In subsequent drafts Beckett adds a title, Type of Confidence, which he changes to Good Heavens; the names also vanish to be replaced by the letters A, B and C. "Beckett began the play clearly with the structure of three confidential gossips clearly in mind … before going on to draft the play in full … Good Heavens is almost complete, apart from the final conversation between C and A. In both texts the conversation centres on two secrets: first how each woman manages to achieve her apparently flawless complexion and secondly the fact that the absent member of the trio is suffering from a terminal illness … The difference between what is said face to face and what is said behind the back of the missing person reveals both a devastating feminine hypocrisy and the irony that the secret is told by someone whom the hearer already knows (or soon discovers) to be doomed also. And most ironical of all, while each woman muses upon the fate of the other two, she remains supremely unaware of her own." The final austerity achieved in the minimal text manages to reduce the triviality normally associated with "gossip." It is contained within a sustained potent atmosphere that is only briefly interrupted at the three whispering moments.
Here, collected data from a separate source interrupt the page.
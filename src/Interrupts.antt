-- ===== src/Interrupts.antt =====
-- The timer interrupt: irq_handler_c of kernel/idt/isr_handler_c.c, with the clock that it keeps,
-- and the software watchdog of drivers/watchdog/wdsoft.c that it counts up.
pub mod Clock
pub mod Handler
pub mod Watchdog
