-- ===== src/Interrupts/Clock.antt =====
-- `tick`, `second` and `minute` of kernel/idt, and the loop of irq_handler_c that moves them.
use unos_kernel.Prelude.{
  ℕ, zero, suc, ◌+◌, ◌*◌, ◌/◌, ◌%◌, ◌^◌, ◌<◌, ◌≡◌, arith, ◌==◌, if◌then◌else◌,
}

-- A uint64_t, a uint8_t and a uint32_t.
pub record Clock : Type 0 where
  pub tick : ℕ
  pub second : ℕ
  pub minute : ℕ

abbrev pub scale_factor : ℕ
scale_factor = 2

-- `second++`, and the carry into `minute`
pub next_second : Clock → Clock
next_second c =
    let second' = (c.second + 1) % 2 ^ 8 in
    if second' == 60
    then record c { second = 0; minute = (c.minute + 1) % 2 ^ 32 }
    else record c { second = second' }

-- One round of the loop.
pub advance : Clock → Clock
unfolding next_second
advance c =
    let c' = record c { tick = (c.tick + 1) % 2 ^ 64 } in
    if c'.tick % 100 == 0 then next_second c' else c'

pub advance_by : ℕ → Clock → Clock
advance_by zero c = c
advance_by (suc n) c = advance_by n (advance c)

-- The clock shows the hundredths of the tick.
pub record IsClock (c : Clock) : Type 0 where
  pub seconds : c.minute * 60 + c.second ≡ c.tick / 100
  pub carried : c.second < 60

advance-IsClock :
    {c : Clock}
    → IsClock c
    → c.tick + 1 < 2 ^ 38
    → IsClock (advance c) × ((advance c).tick ≡ c.tick + 1)
unfolding advance
advance-IsClock {c} v h = ground arith

-- Minutes and seconds count one second for every 100 ticks, until the minute counter wraps.
pub advance_by-IsClock :
    (n : ℕ) {c : Clock}
    → IsClock c
    → c.tick + n < 2 ^ 38
    → IsClock (advance_by n c) × ((advance_by n c).tick ≡ c.tick + n)
unfolding advance_by
advance_by-IsClock zero v h = (v, omega arith)
advance_by-IsClock (suc n) {c} v h =
    let (v', one) = advance-IsClock v (omega arith) in
    let (v'', more) = advance_by-IsClock n v' (omega (arith, one)) in
    (v'', omega (arith, one, more))
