-- ===== src/Interrupts/Watchdog.antt =====
-- drivers/watchdog/wdsoft.c. The watchdog is the object at WatchdogUnOSKrnl; a null pointer is
-- `none`. The lines that only print are left out.
use native.Mathlib.Decide.{dec_lt}
use unos_kernel.Prelude.{
  ℕ, ◌+◌, ◌%◌, ◌^◌, ◌<◌, ◌≡◌, refl, ◌↔◌, Bool, true, false, not, ◌||◌, Option, none, some, List, [],
  ◌∷◌, arith, leb, if◌then◌else◌,
}

-- `Tag` and `Callback` are addresses.
pub record Watchdog : Type 0 where
  pub counter : ℕ
  pub timeout : ℕ
  pub active : Bool
  pub tag : ℕ
  pub callback : ℕ

-- After memset with 0.
abbrev pub zeroed : Watchdog
zeroed = record { counter = 0; timeout = 0; active = false; tag = 0; callback = 0 }

arm : Watchdog → ℕ → ℕ → ℕ → Watchdog
arm w counter timeout callback = if w.active then w else record {
  counter = counter;
  timeout = timeout;
  active = true;
  tag = 0;
  callback = callback;
}

-- The global pointer afterwards, which is what the function returns. `allocated` says whether
-- kmalloc gave memory, in case it is called.
pub init_watchdog : Bool → Option Watchdog → ℕ → ℕ → ℕ → ℕ → Option Watchdog
unfolding arm
init_watchdog allocated (some w) counter timeout tag callback =
    some (arm w counter timeout callback)
init_watchdog allocated none counter timeout tag callback =
    if allocated then some (arm zeroed counter timeout callback) else none

pub reset_watchdog : Watchdog → Watchdog
reset_watchdog w = if not w.active then w else record w { counter = 0 }

pub watchdog_count_plus : Watchdog → Watchdog
watchdog_count_plus w =
    if not w.active
    then record w { counter = 0 }
    else record w { counter = (w.counter + 1) % 2 ^ 32 }

pub disable_watchdog_while : Option Watchdog → Option Watchdog
disable_watchdog_while none = none
disable_watchdog_while (some w) = some (if w.active then record w { active = false } else w)

pub enable_watchdog_again : Option Watchdog → Option Watchdog
enable_watchdog_again none = none
enable_watchdog_again (some w) = some (if not w.active then record w { active = true } else w)

-- Whether the callback is called.
pub detect_watchdog : Watchdog → Bool
detect_watchdog w = if not w.active then false else leb w.timeout w.counter

-- What happens to a running kernel's watchdog: a timer interrupt, which counts and then tests, or
-- a reset by the code that it guards.
pub data Event : Type 0 where
  tick reset : Event

-- Whether the callback is called at any of the events.
pub fires : Watchdog → List Event → Bool
fires w [] = false
fires w (Event.tick ∷ es) = let w' = watchdog_count_plus w in detect_watchdog w' || fires w' es
fires w (Event.reset ∷ es) = fires (reset_watchdog w) es

-- From a count on, fewer than `timeout` interrupts pass before each reset and before the end.
abbrev pub Kept : ℕ → ℕ → List Event → Type 0
Kept timeout count [] = Unit {0}
Kept timeout count (Event.tick ∷ es) = (count + 1 < timeout) × Kept timeout (count + 1) es
Kept timeout count (Event.reset ∷ es) = Kept timeout 0 es

pub watchdog_count_plus-active :
    (w : Watchdog)
    → w.active ≡ true
    → w.counter + 1 < 2 ^ 32
    → watchdog_count_plus w ≡ record w { counter = w.counter + 1 }
unfolding watchdog_count_plus
watchdog_count_plus-active w on word = ground arith

reset_watchdog-active :
    (w : Watchdog) → w.active ≡ true → reset_watchdog w ≡ record w { counter = 0 }
unfolding reset_watchdog
reset_watchdog-active w on = ground arith

pub detect_watchdog-active :
    (w : Watchdog) → w.active ≡ true → detect_watchdog w ≡ leb w.timeout w.counter
unfolding detect_watchdog
detect_watchdog-active w on = ground arith

-- An active watchdog whose counter is below a 32-bit timeout stays silent exactly when the resets
-- come in time.
pub fires-iff-Kept :
    (es : List Event) (w : Watchdog)
    → w.active ≡ true
    → w.counter < w.timeout
    → w.timeout < 2 ^ 32
    → (fires w es ≡ false) ↔ Kept w.timeout w.counter es
unfolding fires
fires-iff-Kept [] w on low word = ((λ _. tt), λ _. refl)
fires-iff-Kept (Event.tick ∷ es) w on low word =
    let w' : Watchdog = record w { counter = w.counter + 1 } in
    rw (watchdog_count_plus-active w on (omega arith), detect_watchdog-active w' on)
      (elim (dec_lt (w.counter + 1) w.timeout) [
        | yes time ↦
            let test : leb w.timeout (w.counter + 1) ≡ false = ground arith in
            let iff = fires-iff-Kept es w' on time word in
            rw test ((λ h. (time, iff.0 h)), λ k. iff.1 k.1)
        | no late ↦
            let test : leb w.timeout (w.counter + 1) ≡ true = ground arith in
            rw test ((λ h. absurd (ground arith)), λ k. absurd (late k.0))
      ])
fires-iff-Kept (Event.reset ∷ es) w on low word =
    rw (reset_watchdog-active w on)
      (fires-iff-Kept es (record w { counter = 0 }) on (omega arith) word)

-- A watchdog that is switched off neither counts nor fires, and starts from 0 when it is switched
-- on again after an interrupt.
pub disabled_silent : (es : List Event) (w : Watchdog) → w.active ≡ false → fires w es ≡ false
unfolding fires watchdog_count_plus reset_watchdog detect_watchdog
disabled_silent [] w off = refl
disabled_silent (Event.tick ∷ es) w off =
    ground (arith, disabled_silent es (record w { counter = 0 }))
disabled_silent (Event.reset ∷ es) w off = ground (arith, disabled_silent es w)
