-- ===== src/Interrupts/Handler.antt =====
-- irq_handler_c of kernel/idt/isr_handler_c.c: the clock, then the watchdog. The EOI write to the
-- local APIC is left out.
use native.Mathlib.Decide.{dec_lt}
use unos_kernel.Prelude.{
  ℕ, zero, suc, ◌+◌, ◌*◌, ◌^◌, ◌<◌, ◌≡◌, ◌∙◌, Bool, true, false, ◌||◌, ap, ap₂, leb, arith,
}
use unos_kernel.Interrupts.Clock.{Clock, scale_factor, advance_by, IsClock, advance_by-IsClock}
use unos_kernel.Interrupts.Watchdog.{
  Watchdog, watchdog_count_plus, detect_watchdog, watchdog_count_plus-active,
  detect_watchdog-active,
}

pub record Machine : Type 0 where
  pub clock : Clock
  pub watchdog : Watchdog
  -- whether the watchdog's callback has been called
  pub barked : Bool

pub irq_handler : Machine → Machine
irq_handler m =
    let w = watchdog_count_plus m.watchdog in
    record {
      clock = advance_by scale_factor m.clock;
      watchdog = w;
      barked = m.barked || detect_watchdog w;
    }

pub irqs : ℕ → Machine → Machine
irqs zero m = m
irqs (suc n) m = irqs n (irq_handler m)

-- After `n` interrupts since a right clock, the clock is right and 2 n ticks ahead.
pub irqs-IsClock :
    (n : ℕ) (m : Machine)
    → IsClock m.clock
    → m.clock.tick + 2 * n < 2 ^ 38
    → IsClock (irqs n m).clock × ((irqs n m).clock.tick ≡ m.clock.tick + 2 * n)
unfolding irqs irq_handler
irqs-IsClock zero m v h = (v, omega arith)
irqs-IsClock (suc n) m v h =
    let (v', two) = advance_by-IsClock 2 v (omega arith) in
    let (v'', more) = irqs-IsClock n (irq_handler m) v' (omega (arith, two)) in
    (v'', omega (arith, two, more))

irqs-barked_stays : (n : ℕ) (m : Machine) → m.barked ≡ true → (irqs n m).barked ≡ true
unfolding irqs irq_handler
irqs-barked_stays zero m h = h
irqs-barked_stays (suc n) m h = irqs-barked_stays n (irq_handler m) (ground arith)

irq_handler-active :
    (m : Machine)
    → m.watchdog.active ≡ true
    → m.watchdog.counter + 1 < 2 ^ 32
    → m.barked ≡ false
    → ((irq_handler m).watchdog ≡ record (m.watchdog) { counter = m.watchdog.counter + 1 })
      × ((irq_handler m).barked ≡ leb m.watchdog.timeout (m.watchdog.counter + 1))
unfolding irq_handler
irq_handler-active m on word quiet =
    let counted = watchdog_count_plus-active m.watchdog on word in
    (
      counted,
      rw (quiet, counted)
          (detect_watchdog-active (record (m.watchdog) { counter = m.watchdog.counter + 1 }) on),
    )

-- An active watchdog that is not reset calls back within `n` interrupts exactly if its counter
-- reaches the timeout within them.
pub irqs-barked :
    (n : ℕ) (m : Machine)
    → m.watchdog.active ≡ true
    → m.watchdog.counter < m.watchdog.timeout
    → m.watchdog.timeout < 2 ^ 32
    → m.barked ≡ false
    → (irqs n m).barked ≡ leb m.watchdog.timeout (m.watchdog.counter + n)
unfolding irqs
irqs-barked zero m on low word quiet = quiet ∙ ground arith
irqs-barked (suc n) m on low word quiet =
    let (counted, heard) = irq_handler-active m on (omega arith) quiet in
    elim (dec_lt (m.watchdog.counter + 1) m.watchdog.timeout) [
      | yes time ↦
          let same_timeout = ap (λ w. w.timeout) counted in
          let same_counter = ap (λ w. w.counter) counted in
          irqs-barked n (irq_handler m) (ap (λ w. w.active) counted ∙ on)
            (omega (arith, same_timeout, same_counter)) (omega (arith, same_timeout))
            (heard ∙ ground arith)
          ∙ ap₂ leb same_timeout (omega (arith, same_counter))
      | no late ↦ irqs-barked_stays n (irq_handler m) (heard ∙ ground arith) ∙ ground arith
    ]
In a later draft Beckett introduces "three sorrowing husbands – all conspicuously absent from the marital home:

Rose (of Poppy): I ran into her husband at the Gaiety.
      He is half crazed with grief.
Poppy (of Vi): Her husband wrote me from Madeira.
      He is heartbroken
Vi (of Rose): Her husband called me from Naples.
      He was weeping over the wire.

The fact that the whispered secret in Come and Go relates to life expectancy is made "more explicit [in Good Heavens], even spelling out the terminal date of the third friend's incurable ailment (‘Three months. At the outside … Not a suspicion. She thinks it is heartburn’)."

=== Eleuthéria ===
"The three women [in Eleuthéria], Mesdames Krap, Meck and Piouk, look forward to Flo, Vi and Ru in Come and Go in their repeated concern for each other's appearance and health; in addition, like the women of the later short play, two of them, Violette and Marguerite, have flower-inspired Christian names."